(Data extracted from a collection)
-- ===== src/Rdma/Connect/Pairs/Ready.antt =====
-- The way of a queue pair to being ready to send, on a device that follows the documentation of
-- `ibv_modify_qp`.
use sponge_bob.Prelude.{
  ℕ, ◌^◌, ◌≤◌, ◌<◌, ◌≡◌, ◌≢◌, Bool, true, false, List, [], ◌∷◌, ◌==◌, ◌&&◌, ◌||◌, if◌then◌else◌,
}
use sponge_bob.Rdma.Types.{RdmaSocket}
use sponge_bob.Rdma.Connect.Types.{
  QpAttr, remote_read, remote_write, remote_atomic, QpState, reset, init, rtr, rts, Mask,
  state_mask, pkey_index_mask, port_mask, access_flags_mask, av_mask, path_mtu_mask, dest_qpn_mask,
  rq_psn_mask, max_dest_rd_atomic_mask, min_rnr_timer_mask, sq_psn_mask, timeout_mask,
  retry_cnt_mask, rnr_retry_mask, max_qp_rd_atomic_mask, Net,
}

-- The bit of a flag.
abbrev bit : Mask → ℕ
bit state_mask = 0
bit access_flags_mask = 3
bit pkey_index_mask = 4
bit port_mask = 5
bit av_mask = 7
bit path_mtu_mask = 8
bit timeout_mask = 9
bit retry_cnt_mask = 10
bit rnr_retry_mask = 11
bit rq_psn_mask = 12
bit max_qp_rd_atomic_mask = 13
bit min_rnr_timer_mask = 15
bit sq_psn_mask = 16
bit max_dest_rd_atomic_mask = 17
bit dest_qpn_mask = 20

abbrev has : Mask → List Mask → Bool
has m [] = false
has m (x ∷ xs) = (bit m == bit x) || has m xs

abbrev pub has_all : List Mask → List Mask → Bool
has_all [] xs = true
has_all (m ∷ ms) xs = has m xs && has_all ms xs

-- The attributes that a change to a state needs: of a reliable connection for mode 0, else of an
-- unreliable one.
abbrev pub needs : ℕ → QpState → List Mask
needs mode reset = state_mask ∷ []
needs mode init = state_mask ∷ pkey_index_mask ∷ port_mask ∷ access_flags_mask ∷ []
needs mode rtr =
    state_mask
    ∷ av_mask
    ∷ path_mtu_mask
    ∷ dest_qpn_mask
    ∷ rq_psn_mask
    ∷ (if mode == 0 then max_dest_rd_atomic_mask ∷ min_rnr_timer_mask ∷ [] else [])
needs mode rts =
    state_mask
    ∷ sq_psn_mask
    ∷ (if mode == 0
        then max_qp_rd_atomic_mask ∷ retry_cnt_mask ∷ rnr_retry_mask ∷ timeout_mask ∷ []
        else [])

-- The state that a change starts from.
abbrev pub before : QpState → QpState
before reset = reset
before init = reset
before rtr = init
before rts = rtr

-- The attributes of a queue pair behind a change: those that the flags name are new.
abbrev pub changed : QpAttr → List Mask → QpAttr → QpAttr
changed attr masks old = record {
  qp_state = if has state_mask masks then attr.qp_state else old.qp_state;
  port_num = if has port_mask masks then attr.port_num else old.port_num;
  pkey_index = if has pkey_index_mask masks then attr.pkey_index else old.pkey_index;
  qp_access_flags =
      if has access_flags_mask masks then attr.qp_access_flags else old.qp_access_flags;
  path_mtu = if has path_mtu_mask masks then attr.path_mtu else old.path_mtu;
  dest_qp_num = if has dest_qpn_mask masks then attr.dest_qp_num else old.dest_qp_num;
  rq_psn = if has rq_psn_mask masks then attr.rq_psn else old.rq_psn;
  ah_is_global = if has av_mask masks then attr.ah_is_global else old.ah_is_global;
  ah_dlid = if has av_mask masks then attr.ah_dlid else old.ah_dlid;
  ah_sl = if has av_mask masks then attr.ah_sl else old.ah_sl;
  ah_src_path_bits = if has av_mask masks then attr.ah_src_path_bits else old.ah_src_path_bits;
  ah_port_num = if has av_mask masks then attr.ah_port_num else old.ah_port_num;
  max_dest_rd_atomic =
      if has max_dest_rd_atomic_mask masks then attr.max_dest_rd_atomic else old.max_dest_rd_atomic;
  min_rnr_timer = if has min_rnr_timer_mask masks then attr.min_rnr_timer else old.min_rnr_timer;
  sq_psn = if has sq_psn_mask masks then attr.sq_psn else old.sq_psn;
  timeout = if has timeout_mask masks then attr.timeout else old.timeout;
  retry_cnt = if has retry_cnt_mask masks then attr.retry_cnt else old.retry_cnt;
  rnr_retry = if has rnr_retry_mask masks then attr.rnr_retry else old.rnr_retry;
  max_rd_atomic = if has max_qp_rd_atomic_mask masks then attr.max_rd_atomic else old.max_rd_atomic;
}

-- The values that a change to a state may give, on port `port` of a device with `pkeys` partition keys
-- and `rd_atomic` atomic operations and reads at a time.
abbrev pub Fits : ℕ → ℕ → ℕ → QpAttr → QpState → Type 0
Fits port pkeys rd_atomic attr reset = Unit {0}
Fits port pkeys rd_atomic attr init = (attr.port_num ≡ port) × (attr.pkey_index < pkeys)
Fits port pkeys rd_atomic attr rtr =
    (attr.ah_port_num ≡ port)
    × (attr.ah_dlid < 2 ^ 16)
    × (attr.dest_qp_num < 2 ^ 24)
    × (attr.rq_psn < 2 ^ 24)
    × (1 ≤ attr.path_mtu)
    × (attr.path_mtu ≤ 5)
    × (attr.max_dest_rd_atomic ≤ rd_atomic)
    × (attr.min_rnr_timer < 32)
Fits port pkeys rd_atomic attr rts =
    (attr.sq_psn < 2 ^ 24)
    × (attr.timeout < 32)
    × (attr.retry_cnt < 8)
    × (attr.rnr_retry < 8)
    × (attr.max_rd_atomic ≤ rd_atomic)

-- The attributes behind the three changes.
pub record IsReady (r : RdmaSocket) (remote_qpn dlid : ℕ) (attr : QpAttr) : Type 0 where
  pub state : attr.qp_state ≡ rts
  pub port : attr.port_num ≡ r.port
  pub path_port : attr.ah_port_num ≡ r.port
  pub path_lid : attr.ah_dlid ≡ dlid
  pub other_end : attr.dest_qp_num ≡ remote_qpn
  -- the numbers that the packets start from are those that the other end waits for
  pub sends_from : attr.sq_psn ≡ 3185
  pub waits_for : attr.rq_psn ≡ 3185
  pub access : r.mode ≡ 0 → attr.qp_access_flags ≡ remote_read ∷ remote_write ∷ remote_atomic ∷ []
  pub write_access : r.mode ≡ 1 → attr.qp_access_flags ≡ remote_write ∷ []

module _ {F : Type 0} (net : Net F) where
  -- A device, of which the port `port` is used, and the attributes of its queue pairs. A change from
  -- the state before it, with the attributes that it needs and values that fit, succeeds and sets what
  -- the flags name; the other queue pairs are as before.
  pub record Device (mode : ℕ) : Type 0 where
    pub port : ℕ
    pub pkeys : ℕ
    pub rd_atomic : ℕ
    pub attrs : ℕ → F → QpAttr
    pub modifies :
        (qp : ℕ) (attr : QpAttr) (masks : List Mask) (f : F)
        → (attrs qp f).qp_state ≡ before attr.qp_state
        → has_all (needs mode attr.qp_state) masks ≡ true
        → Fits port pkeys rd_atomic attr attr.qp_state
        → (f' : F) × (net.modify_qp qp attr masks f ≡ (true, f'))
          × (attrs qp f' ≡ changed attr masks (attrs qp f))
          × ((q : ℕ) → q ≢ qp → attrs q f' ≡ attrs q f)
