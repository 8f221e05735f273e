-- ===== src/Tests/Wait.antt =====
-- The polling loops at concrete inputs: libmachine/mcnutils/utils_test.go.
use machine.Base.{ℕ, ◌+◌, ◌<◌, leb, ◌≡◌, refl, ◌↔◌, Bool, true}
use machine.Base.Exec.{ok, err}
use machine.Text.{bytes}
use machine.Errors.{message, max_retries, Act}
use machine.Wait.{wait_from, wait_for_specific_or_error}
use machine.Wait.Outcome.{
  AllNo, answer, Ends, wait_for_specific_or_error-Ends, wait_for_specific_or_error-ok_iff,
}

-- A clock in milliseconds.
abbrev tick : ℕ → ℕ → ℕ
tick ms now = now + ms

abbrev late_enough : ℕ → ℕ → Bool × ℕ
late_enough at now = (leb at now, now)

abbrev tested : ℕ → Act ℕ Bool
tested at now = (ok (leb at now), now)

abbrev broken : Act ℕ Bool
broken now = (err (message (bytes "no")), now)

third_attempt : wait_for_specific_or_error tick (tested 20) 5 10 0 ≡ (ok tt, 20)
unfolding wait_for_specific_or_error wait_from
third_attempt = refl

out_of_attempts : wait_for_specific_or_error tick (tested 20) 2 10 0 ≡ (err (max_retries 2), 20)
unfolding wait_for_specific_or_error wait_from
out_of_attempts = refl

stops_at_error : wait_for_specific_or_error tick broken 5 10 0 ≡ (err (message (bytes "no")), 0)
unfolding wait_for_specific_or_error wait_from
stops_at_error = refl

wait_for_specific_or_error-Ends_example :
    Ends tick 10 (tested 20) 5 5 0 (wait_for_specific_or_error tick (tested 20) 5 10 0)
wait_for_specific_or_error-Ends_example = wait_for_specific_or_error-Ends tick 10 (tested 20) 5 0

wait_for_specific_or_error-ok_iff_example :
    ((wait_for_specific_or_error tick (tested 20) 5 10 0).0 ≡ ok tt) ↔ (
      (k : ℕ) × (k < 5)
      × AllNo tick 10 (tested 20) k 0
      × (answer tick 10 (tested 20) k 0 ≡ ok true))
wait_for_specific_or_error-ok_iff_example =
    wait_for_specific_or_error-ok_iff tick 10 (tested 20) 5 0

==

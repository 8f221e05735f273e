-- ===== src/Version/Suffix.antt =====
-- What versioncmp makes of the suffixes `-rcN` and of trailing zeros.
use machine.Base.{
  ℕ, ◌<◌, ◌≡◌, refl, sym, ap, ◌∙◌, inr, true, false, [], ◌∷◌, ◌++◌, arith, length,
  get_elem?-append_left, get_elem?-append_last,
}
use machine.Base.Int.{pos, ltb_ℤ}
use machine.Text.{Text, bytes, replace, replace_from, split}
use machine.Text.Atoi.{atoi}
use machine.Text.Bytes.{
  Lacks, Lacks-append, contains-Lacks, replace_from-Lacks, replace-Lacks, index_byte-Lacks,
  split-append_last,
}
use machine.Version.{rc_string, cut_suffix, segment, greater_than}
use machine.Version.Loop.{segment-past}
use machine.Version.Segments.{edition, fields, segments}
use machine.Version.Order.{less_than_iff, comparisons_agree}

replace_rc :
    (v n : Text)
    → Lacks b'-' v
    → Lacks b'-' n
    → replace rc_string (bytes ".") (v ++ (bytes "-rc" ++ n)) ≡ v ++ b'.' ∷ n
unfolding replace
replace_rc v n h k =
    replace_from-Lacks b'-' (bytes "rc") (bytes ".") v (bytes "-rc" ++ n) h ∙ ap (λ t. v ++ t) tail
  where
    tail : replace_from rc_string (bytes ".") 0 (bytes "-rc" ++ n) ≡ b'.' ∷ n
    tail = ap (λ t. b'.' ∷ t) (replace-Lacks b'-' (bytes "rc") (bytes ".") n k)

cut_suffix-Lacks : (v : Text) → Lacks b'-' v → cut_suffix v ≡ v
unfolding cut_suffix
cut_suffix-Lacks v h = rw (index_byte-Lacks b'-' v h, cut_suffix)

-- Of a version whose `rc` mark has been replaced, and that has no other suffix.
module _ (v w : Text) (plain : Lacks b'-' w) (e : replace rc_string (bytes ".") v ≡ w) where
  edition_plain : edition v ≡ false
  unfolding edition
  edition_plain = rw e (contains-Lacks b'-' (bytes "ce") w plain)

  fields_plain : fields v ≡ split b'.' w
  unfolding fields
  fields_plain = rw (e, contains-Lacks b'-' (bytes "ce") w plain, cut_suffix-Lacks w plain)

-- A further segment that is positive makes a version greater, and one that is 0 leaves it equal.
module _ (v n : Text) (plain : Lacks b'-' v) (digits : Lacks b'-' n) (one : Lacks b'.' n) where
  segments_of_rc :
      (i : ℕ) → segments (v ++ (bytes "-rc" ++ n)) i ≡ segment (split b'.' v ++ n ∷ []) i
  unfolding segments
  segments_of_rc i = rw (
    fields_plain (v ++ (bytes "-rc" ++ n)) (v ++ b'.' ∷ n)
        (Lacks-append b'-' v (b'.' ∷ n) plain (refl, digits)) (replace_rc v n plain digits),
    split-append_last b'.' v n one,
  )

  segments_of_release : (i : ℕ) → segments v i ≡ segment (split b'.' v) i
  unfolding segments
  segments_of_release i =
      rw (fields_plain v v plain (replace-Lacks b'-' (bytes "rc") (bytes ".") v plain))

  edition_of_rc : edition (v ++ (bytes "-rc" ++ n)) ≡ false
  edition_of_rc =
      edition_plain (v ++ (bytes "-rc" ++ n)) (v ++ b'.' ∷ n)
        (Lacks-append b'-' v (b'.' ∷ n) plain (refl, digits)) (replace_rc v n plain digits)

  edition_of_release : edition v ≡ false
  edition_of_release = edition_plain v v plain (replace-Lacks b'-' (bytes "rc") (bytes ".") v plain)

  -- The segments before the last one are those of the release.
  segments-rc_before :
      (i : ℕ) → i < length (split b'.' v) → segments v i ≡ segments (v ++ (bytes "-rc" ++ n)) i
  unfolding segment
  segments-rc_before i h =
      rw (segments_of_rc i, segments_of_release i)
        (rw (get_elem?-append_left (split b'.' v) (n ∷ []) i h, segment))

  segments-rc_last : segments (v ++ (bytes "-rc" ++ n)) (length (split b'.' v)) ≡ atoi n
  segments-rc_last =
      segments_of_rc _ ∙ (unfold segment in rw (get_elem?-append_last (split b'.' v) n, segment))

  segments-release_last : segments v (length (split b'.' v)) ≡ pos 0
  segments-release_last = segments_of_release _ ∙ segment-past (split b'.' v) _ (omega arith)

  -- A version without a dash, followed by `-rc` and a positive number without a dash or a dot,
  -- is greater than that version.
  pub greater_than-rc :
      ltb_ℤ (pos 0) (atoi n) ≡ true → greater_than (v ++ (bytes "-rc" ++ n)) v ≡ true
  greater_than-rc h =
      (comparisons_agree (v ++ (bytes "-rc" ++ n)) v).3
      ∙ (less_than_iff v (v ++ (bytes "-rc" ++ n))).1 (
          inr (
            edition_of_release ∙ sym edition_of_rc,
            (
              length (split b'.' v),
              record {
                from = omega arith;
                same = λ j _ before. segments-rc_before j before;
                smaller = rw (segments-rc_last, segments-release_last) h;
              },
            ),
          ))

- [What you have to do]: Return all lines above that mention the word "abbrev".

- [Answer space]:
abbrev bit : Mask → ℕ
abbrev has : Mask → List Mask → Bool
abbrev pub has_all : List Mask → List Mask → Bool
abbrev pub needs : ℕ → QpState → List Mask
abbrev pub before : QpState → QpState
abbrev pub changed : QpAttr → List Mask → QpAttr → QpAttr
abbrev pub Fits : ℕ → ℕ → ℕ → QpAttr → QpState → Type 0
abbrev tick : ℕ → ℕ → ℕ
abbrev late_enough : ℕ → ℕ → Bool × ℕ
abbrev tested : ℕ → Act ℕ Bool
abbrev broken : Act ℕ Bool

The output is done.